The one chance I had for tea at the Empress, in Victoria BC, they were doing some sort of documentary and there were large cables and TV equipment everywhere and just a few patrons.  Broke my heart. (Actually they should  have just closed it down for that day----- but that's history.)


----------



## GotGarlic (Feb 18, 2014)

The Jefferson Hotel in Richmond, Virginia, also serves Afternoon Tea. We went once with one of our exchange students when we did some touring there. It's a gorgeous hotel and the tea was wonderful, even though I don't really like tea  I remember I had peppermint tea and I did enjoy that.

http://www.jeffersonhotel.com/richmond-fine-dining/afternoon-tea


----------



## Mad Cook (Feb 18, 2014)

cave76 said:


> I'd always wondered about 'tea' for UK people. I always thought it was tea (duh) with maybe some cake or cookies or a few finger sandwiches. Just to hold you over until a late dinner.
> 
> To add to the confusion, my mid-western farm relatives (that we visited often) would have a fairly large meal (meat, potatoes, cooked vegetables) for the men who had been working hard all day. Then a lunch. Bigger meal. Then another meal around 3 p.m. Then supper at 5-6.
> 
> ...



Ahh, the tea issue!

In the UK afternoon tea is taken in the middle of the afternoon and consists of small sandwiches, scones and cake. It began, so it's said, because society ladies found it difficult to go from a light lunch at midday to dinner at around 8pm without sustenance. It began as a social occasion for the leisured classes but now it's an occasional treat enjoyed by anyone when on a day out or on holiday or if you want to have a casual get together with (usually female) friends.

And then there is "high tea". This is further down the social scale. It's a "sit down" meal in the evening between 5-7pm involving a knife and fork main course - eg ham and salad or a hot fish, meat or cheese dish, followed by cake and/or bread and jam and the ubiquitous pot of tea. The average working man took a packed lunch to work unless his work place had a canteen serving meals. (And whether it was sandwiches or in the canteen it would have been referred to as "dinner".)

Dinner was an evening meal for the upper and middle classes until the second half of the last century. Dinner would consist of possibly a first course such as soup, then a main course and a pudding (general name for a sweet course). Gradually "dinner" has taken over from "(high) tea" in many families. 

However, just to confuse the issue, Sunday, Christmas and school dinners are almost always at lunch time. 

Supper isn't usually a meal unless you are getting home very late, say from a late shift at work or the theatre when it might be a sandwich or something on toast. Most people use "supper" to mean a hot drink and a biscuit before bed these days. 

Of course, none of this is set in stone.
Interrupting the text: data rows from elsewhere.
-- ===== src/Filedes.antt =====
-- include/file.h: an open file.
use chouryos.Base.{ℕ, Bool}

abbrev pub max_fd : ℕ
max_fd = 10

-- `Filetype`
pub data Filetype : Type 0 where
  nomal_file tty msg : Filetype

-- `filedes`. The union `target` is the process of a message file, or a device. A time is in seconds
-- from 1970 to 2038.
pub record Filedes : Type 0 where
  pub isused : Bool
  pub filetype : Filetype
  pub target : ℕ
  pub flags : ℕ
  pub dirnode : ℕ
  pub indexno : ℕ
  pub offset : ℕ
  pub startnode : ℕ
  pub curnode : ℕ
  pub nodebytes : ℕ
  pub length : ℕ
  pub createtime : ℕ
  pub accesstime : ℕ
  pub updatetime : ℕ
For example in the post war period of social mobility there was a bit of a fad for people who had come to think of themselves as too posh for high tea but not posh enough for dinner, to call their evening meal "supper" but I don't think it's very much used in that sense these days.
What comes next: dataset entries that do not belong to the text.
-- ===== src/Fat/Data.antt =====
-- kernel/fat.c: the bytes of a file, `Fat_read` and `Fat_write`.
pub mod Clusters
pub mod Read
use chouryos.Base.{
  ℕ, zero, suc, ◌+◌, ◌-◌, ◌*◌, ◌/◌, ◌%◌, Bool, true, false, not, ◌&&◌, Option, none, some, ◌==◌,
  ltb, if◌then◌else◌, u16, u32,
}
use chouryos.Base.Int.{ℤ, negsuc, to_int}
use chouryos.Hd.{Sector, WriteHd, copy}
use chouryos.Fat.{Geometry, Volume, data_start_sec, read_clus, write_clus}
use chouryos.Fat.Table.{getnextclus}
use chouryos.Filedes.{Filedes}

-- The start of a round: the file goes on to the next cluster where the offset is at the end of one.
abbrev pub next_node : Geometry → Filedes → Volume → Filedes × Volume
next_node g file v =
    let (n, v') = getnextclus g file.curnode v in
    if (file.offset % g.clus_bytes == 0) && not (file.offset == 0)
    then (record file { curnode = n }, v')
    else (file, v)

-- `c`: the bytes of a round.
abbrev pub chunk : Geometry → Filedes → ℕ → ℕ
chunk g file len =
    let room = g.clus_bytes - file.offset % g.clus_bytes in if ltb room len then room else len

-- What a read has so far: `readlen`, `ptr`, the buffer of a cluster, the file and the volume.
pub record Reading : Type 0 where
  pub readlen : ℕ
  pub ptr : Sector
  pub buff : Sector
  pub file : Filedes
  pub volume : Volume

-- One round of the loop of `Fat_read`.
unfoldable pub read_round : Geometry → ℕ → Reading → Reading
read_round g len r =
    let (file, v1) = next_node g r.file r.volume in
    let (buff, v2) = read_clus g file.curnode r.buff v1 in
    let c = chunk g r.file len in
    record {
      readlen = r.readlen + c;
      ptr = copy buff (r.file.offset % g.clus_bytes) r.ptr r.readlen c;
      buff = buff;
      file = record file { offset = u32 (r.file.offset + c) };
      volume = v2;
    }

-- The loop, at most `fuel` rounds.
unfoldable pub read_from : Geometry → ℕ → ℕ → Reading → Option Reading
read_from g zero len r = if len == 0 then some r else none
read_from g (suc fuel) len r =
    let rest = read_from g fuel (len - chunk g r.file len) (read_round g len r) in
    if len == 0 then some r else rest

-- `Fat_read`, with the bytes `buff` in the memory of `malloc`: its result, and what has been read.
-- `readlen` and `writelen` are sums of numbers here, and an `int` where they are given back.
unfoldable pub fat_read :
    Geometry → ℕ → Sector → Filedes → Sector → ℕ → Volume → Option (ℤ × Reading)
fat_read g fuel buff file ptr len v =
    let r : Reading = record { readlen = 0; ptr = ptr; buff = buff; file = file; volume = v } in
    if ltb file.length (u32 (file.offset + len))
    then some (negsuc 0, r)
    else elim (read_from g fuel len r) [
      | none ↦ none
      | some r' ↦ some (to_int (u32 r'.readlen), r')
    ]

-- What a write has so far.
pub record Writing : Type 0 where
  pub writelen : ℕ
  pub buff : Sector
  pub file : Filedes
  pub volume : Volume

-- One round of the loop of `Fat_write`; `DataSec` is a `uint16`.
unfoldable pub write_round : WriteHd → Geometry → Sector → ℕ → Writing → Writing
write_round write_hd g ptr len w =
    let (file, v1) = next_node g w.file w.volume in
    let clus = u32 (u16 (data_start_sec g) + file.curnode) in
    let (buff, v2) = read_clus g clus w.buff v1 in
    let c = chunk g w.file len in
    let buff' = copy ptr w.writelen buff (w.file.offset % g.clus_bytes) c in
    record {
      writelen = w.writelen + c;
      buff = buff';
      file = record file { offset = u32 (w.file.offset + c) };
      volume = write_clus write_hd g clus buff' v2;
    }

unfoldable pub write_from : WriteHd → Geometry → Sector → ℕ → ℕ → Writing → Option Writing
write_from write_hd g ptr zero len w = if len == 0 then some w else none
write_from write_hd g ptr (suc fuel) len w =
    let rest =
      write_from write_hd g ptr fuel (len - chunk g w.file len)
        (write_round write_hd g ptr len w) in
    if len == 0 then some w else rest

unfoldable pub fat_write :
    WriteHd → Geometry → ℕ → Sector → Filedes → Sector → ℕ → Volume → Option (ℤ × Writing)
fat_write write_hd g fuel buff file ptr len v =
    let w : Writing = record { writelen = 0; buff = buff; file = file; volume = v } in
    if ltb file.length (u32 (file.offset + len))
    then some (negsuc 0, w)
    else elim (write_from write_hd g ptr fuel len w) [
      | none ↦ none
      | some w' ↦ some (to_int (u32 w'.writelen), w')
    ]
There are certain references in the above that may sound a bit snobby but that wasn't my intention.


----------



## cave76 (Feb 18, 2014)

Thank you, MadCook. Nothing 'snobby' in there as far as I'm concerned.


----------



## Mad Cook (Feb 18, 2014)

cave76 said:


> Good explanation, thank you. _So you would have to make it clear if it was just an Afternoon tea or a High Tea_?
> 
> Does anyone do that any more? Except maybe at Buckingham Palace?


Your guest would know which it was by the time on the invitation.
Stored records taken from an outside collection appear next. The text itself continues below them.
-- ===== src/Fat/Data/Clusters.antt =====
-- `ReadClus` gives the bytes of the cluster's sectors.
use chouryos.Base.{
  ℕ, zero, suc, ◌+◌, ◌-◌, ◌*◌, ◌/◌, ◌%◌, ◌^◌, ◌≤◌, ◌<◌, ◌≡◌, ◌⊎◌, inl, inr, refl, ap, ◌∙◌, u32,
  arith, Bool-cases, ltb,
}
use native.Mathlib.Nat.{suc-mul}
use chouryos.Hd.{Sector, Disk, copy}
use chouryos.Fat.{
  Geometry, Volume, read_sector, read_sectors, read_clus, data_start_sec, clus_sec, clus_end,
}
use chouryos.Fat.Table.Entry.{entry, IsCoherent, read_sector-HasRead, HasRead-IsCoherent}
use chouryos.Fat.Table.Map.{HasTable}

pub copy_in :
    (src dest : Sector) (from to n i : ℕ)
    → to ≤ i
    → i < to + n
    → copy src from dest to n i ≡ src (from + (i - to))
copy_in src dest from to n i h l = ground arith

pub copy_out :
    (src dest : Sector) (from to n i : ℕ)
    → (i < to) ⊎ (to + n ≤ i)
    → copy src from dest to n i ≡ dest i
copy_out src dest from to n i h = ground arith

-- The first sector of a cluster.
abbrev pub data_sec : Geometry → ℕ → ℕ
data_sec g c = data_start_sec g + (c - 2) * g.sec_per_clus

-- A cluster that lies behind the tables and in reach of a 32-bit sector number.
pub record InData (g : Geometry) (c : ℕ) : Type 0 where
  pub first : 2 ≤ c
  pub whole : c < 2 ^ 32
  pub room : g.partition_sec + data_sec g c + g.sec_per_clus < 2 ^ 32
  pub behind : g.rsvd_sec_cnt + 2 * g.fat_sec_sz ≤ data_start_sec g

-- What a read of sectors from `sec` on does.
pub record HasSectors (g : Geometry) (sec left off : ℕ) (buff : Sector) (v : Volume)
    (r : Sector × Volume) : Type 0 where
  pub same_disk : r.1.disk ≡ v.disk
  pub coherent : IsCoherent g r.1
  pub before : (i : ℕ) → i < off → r.0 i ≡ buff i
  pub bytes :
      (i : ℕ) → i < left * 512 → r.0 (off + i) ≡ v.disk (g.partition_sec + sec + i / 512) (i % 512)

read_sectors-HasSectors :
    (g : Geometry) (left sec off : ℕ) (buff : Sector) (v : Volume)
    → g.bytes_per_sec ≡ 512
    → IsCoherent g v
    → g.partition_sec + sec + left < 2 ^ 32
    → HasSectors g sec left off buff v (read_sectors g left sec off buff v)
unfolding read_sectors
read_sectors-HasSectors g zero sec off buff v e h l = record {
  same_disk = refl;
  coherent = h;
  before = λ i p. refl;
  bytes = λ i p. absurd (omega arith);
}
read_sectors-HasSectors g (suc left) sec off buff v e h l =
    let v' = read_sector g sec v in
    let r = read_sector-HasRead g sec v h in
    let b = copy v'.buffer_fat 0 buff off g.bytes_per_sec in
    let rest =
      read_sectors-HasSectors g left (sec + 1) (off + g.bytes_per_sec) b v' e
        (HasRead-IsCoherent g sec v v' r) (omega arith) in
    record {
      same_disk = rest.same_disk ∙ r.same_disk;
      coherent = rest.coherent;
      before = λ i p.
          rest.before i (omega (arith, e))
          ∙ copy_out v'.buffer_fat buff 0 off g.bytes_per_sec i (inl p);
      bytes = λ i p. elim (Bool-cases (ltb i 512)) [
        | inl lt ↦
            let small : i < 512 = ground arith in
            let place : u32 (sec + g.partition_sec) ≡ g.partition_sec + sec + i / 512 =
              omega arith in
            let same : 0 + (off + i - off) ≡ i = omega arith in
            let back : i ≡ i % 512 = omega arith in
            rest.before (off + i) (omega (arith, e))
            ∙ copy_in v'.buffer_fat buff 0 off g.bytes_per_sec (off + i) (omega arith)
                (omega (arith, e))
            ∙ ap v'.buffer_fat same
            ∙ r.bytes i small
            ∙ (λ t. v.disk (place t) (back t))
        | inr ge ↦
            let large : 512 ≤ i = ground arith in
            let split : off + i ≡ off + g.bytes_per_sec + (i - 512) = omega (arith, e) in
            let place : g.partition_sec + (sec + 1) + (i - 512) / 512
                ≡ g.partition_sec + sec + i / 512 =
              omega arith in
            let inner : (i - 512) % 512 ≡ i % 512 = omega arith in
            ap (read_sectors g left (sec + 1) (off + g.bytes_per_sec) b v').0 split
            ∙ rest.bytes (i - 512) (omega arith)
            ∙ ap (λ (d : Disk). d (g.partition_sec + (sec + 1) + (i - 512) / 512) ((i - 512) % 512))
                r.same_disk
            ∙ (λ t. v.disk (place t) (inner t))
      ];
    }

-- A cluster's sectors, by number.
clus_sec-data_sec :
    (g : Geometry) (c : ℕ)
    → InData g c
    → (clus_sec g c ≡ data_sec g c) × (clus_end g c - clus_sec g c ≡ g.sec_per_clus)
clus_sec-data_sec g c h =
    let a : u32 (c + 2 ^ 32 - 2) ≡ c - 2 = omega (arith, h.first, h.whole) in
    let b : u32 (c + 2 ^ 32 - 1) ≡ suc (c - 2) = omega (arith, h.first, h.whole) in
    let from : clus_sec g c ≡ data_sec g c =
      ap (λ m. u32 (data_start_sec g + m * g.sec_per_clus)) a ∙ omega (arith, h.room) in
    let to : clus_end g c ≡ data_sec g c + g.sec_per_clus =
      ap (λ m. u32 (data_start_sec g + m * g.sec_per_clus)) b
      ∙ omega (arith, h.room, suc-mul (c - 2) g.sec_per_clus) in
    (from, omega (arith, from, to))

-- What a read of a cluster does on a volume with a table, and a disk behind it.
pub read_clus-HasTable :
    (g : Geometry) (t : ℕ → ℕ) (d : Disk) (v : Volume) (c : ℕ) (buff : Sector)
    → HasTable g t d v
    → InData g c
    → HasTable g t d ((read_clus g c buff v).1)
      × ((i : ℕ)
          → i < g.sec_per_clus * 512
          → (read_clus g c buff v).0 i ≡ d (g.partition_sec + data_sec g c + i / 512) (i % 512))
unfolding read_clus
read_clus-HasTable g t d v c buff h p =
    let (from, count) = clus_sec-data_sec g c p in
    let got = (read_sectors g (clus_end g c - clus_sec g c) (clus_sec g c) 0 buff v).0 in
    let s : HasSectors g (data_sec g c) g.sec_per_clus 0 buff v
        (read_sectors g (clus_end g c - clus_sec g c) (clus_sec g c) 0 buff v) =
      rw (count, from)
        (read_sectors-HasSectors g g.sec_per_clus (data_sec g c) 0 buff v h.geometry.sector
          h.coherent p.room) in
    (
      record {
        geometry = h.geometry;
        wide = h.wide;
        coherent = s.coherent;
        entries = λ x lo hi. ap (λ (e : Disk). entry g e x) s.same_disk ∙ h.entries x lo hi;
        sectors = λ z i lt le. ap (λ (e : Disk). e z i) s.same_disk ∙ h.sectors z i lt le;
      },
      λ i l.
          ap got (omega arith)
          ∙ s.bytes i l
          ∙ h.sectors (g.partition_sec + data_sec g c + i / 512) (i % 512) (omega arith)
              (omega (arith, p.behind)),
    )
 Of course, if you were mistress of Downton Abbey, the invitation to tea would be understood as meaning afternoon tea so wouldn't be necessary to give the time on the invitation.


----------



## Roll_Bones (Feb 22, 2014)

cave76 said:


> LOL-----that mechanic must  have a totally different concept of dinner. (Oh, but wait------ did he say WHAT DAY that imaginary dinner was?   )



Here in SC, dinner is lunch.  And supper is what I always knew dinner to be.

Breakfast - Lunch - Dinner. In this order.

Since i showed up around dinner time to pick up my car, I must assume the mechanic was already home eating his supper. I mean dinner....LOL


----------



## Somebunny (Feb 22, 2014)

For us, it's lunch for the noon meal and dinner for the evening meal.  We have been known to use dinner and supper interchangeably as my Canadian DH grew up with supper as the evening meal and if a large meal was served at noon then it was dinner.  This I believe is all a hold over from his family's farming days on the Saskatchewan Prairies. My Midwestern grandmother was also known to use supper for the evening meal.  I also agree with others, it's always dinner for holiday meals no matter what time they are served (excluding breakfast)   I think it really is a matter of region here in North America.  . I seem to remember this topic coming up before on DC  I still say I don't care what you call just don't call me "late" for it!


----------